## Task item
Copy, from the listing, every line in which the string "abbrev" is present.

########################################

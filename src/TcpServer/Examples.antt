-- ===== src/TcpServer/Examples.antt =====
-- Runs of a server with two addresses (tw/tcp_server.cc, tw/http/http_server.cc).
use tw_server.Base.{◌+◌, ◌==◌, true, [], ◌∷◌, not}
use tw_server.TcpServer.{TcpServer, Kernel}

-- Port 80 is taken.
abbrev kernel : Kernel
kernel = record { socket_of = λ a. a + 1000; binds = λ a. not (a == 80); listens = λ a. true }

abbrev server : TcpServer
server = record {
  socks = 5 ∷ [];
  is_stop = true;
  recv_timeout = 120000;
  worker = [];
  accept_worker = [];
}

########################################

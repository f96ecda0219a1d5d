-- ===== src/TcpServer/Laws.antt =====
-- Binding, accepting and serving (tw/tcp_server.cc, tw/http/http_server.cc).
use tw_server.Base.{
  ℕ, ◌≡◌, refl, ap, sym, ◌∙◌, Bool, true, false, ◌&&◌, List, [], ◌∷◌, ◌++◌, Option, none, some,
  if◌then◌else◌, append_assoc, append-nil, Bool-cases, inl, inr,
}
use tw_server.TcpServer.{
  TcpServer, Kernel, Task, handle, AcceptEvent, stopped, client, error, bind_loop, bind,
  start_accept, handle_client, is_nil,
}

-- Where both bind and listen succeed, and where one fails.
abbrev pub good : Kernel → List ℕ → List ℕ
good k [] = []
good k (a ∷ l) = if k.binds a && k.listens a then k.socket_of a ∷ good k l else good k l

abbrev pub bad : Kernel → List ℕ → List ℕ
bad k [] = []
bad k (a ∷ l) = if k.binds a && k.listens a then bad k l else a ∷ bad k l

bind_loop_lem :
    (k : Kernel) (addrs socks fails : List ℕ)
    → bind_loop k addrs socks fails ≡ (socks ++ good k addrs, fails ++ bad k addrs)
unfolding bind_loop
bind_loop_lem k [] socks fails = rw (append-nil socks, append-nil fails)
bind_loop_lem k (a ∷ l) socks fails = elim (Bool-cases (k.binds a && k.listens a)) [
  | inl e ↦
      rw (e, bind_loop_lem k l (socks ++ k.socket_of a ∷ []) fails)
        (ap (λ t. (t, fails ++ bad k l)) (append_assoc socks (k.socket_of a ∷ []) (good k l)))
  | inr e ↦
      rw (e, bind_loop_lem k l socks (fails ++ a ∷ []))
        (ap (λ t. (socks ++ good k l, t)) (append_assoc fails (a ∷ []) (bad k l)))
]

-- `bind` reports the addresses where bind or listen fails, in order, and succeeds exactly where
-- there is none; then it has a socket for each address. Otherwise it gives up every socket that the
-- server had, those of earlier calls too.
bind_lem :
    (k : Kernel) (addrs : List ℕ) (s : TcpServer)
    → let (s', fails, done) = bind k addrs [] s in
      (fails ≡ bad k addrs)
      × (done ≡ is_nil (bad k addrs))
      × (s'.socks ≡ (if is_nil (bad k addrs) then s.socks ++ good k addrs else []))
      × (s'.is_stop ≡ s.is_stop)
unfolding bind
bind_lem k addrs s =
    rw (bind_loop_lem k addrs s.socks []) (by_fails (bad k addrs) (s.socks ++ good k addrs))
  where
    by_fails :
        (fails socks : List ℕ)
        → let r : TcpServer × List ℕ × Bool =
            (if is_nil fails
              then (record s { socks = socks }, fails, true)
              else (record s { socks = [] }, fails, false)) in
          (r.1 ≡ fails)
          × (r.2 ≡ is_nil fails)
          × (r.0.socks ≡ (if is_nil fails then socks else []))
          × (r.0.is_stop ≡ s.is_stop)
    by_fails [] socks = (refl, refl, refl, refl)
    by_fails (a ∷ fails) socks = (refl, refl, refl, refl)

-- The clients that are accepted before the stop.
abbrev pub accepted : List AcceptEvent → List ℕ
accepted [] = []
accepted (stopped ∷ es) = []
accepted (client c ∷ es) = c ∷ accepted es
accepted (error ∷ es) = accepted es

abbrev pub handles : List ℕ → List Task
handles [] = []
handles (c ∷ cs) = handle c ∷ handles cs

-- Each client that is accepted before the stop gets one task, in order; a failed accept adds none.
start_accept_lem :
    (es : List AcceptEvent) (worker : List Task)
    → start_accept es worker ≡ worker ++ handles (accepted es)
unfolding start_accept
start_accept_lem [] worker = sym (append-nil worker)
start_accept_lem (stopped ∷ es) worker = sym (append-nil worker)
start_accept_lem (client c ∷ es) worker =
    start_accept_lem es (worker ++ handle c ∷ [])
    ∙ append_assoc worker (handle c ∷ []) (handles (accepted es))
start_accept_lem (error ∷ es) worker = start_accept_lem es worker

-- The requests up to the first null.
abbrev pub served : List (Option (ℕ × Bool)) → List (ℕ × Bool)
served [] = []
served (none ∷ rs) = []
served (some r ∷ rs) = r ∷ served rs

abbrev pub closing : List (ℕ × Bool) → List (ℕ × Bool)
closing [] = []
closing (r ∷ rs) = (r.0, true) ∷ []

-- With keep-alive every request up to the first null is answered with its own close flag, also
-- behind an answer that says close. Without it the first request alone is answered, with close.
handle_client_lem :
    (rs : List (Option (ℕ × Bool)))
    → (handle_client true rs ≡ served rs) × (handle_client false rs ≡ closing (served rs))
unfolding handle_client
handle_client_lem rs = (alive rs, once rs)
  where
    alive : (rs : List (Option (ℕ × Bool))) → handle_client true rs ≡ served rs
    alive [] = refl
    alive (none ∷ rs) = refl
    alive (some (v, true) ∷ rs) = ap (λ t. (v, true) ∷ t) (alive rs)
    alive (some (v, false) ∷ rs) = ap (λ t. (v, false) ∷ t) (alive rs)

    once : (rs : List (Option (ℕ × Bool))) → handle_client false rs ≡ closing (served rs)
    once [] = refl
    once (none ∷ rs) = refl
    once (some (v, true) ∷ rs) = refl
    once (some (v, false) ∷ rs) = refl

########################################

## Task solution
abbrev kernel : Kernel
abbrev server : TcpServer
abbrev pub good : Kernel → List ℕ → List ℕ
abbrev pub bad : Kernel → List ℕ → List ℕ
abbrev pub accepted : List AcceptEvent → List ℕ
abbrev pub handles : List ℕ → List Task
abbrev pub served : List (Option (ℕ × Bool)) → List (ℕ × Bool)
abbrev pub closing : List (ℕ × Bool) → List (ℕ × Bool)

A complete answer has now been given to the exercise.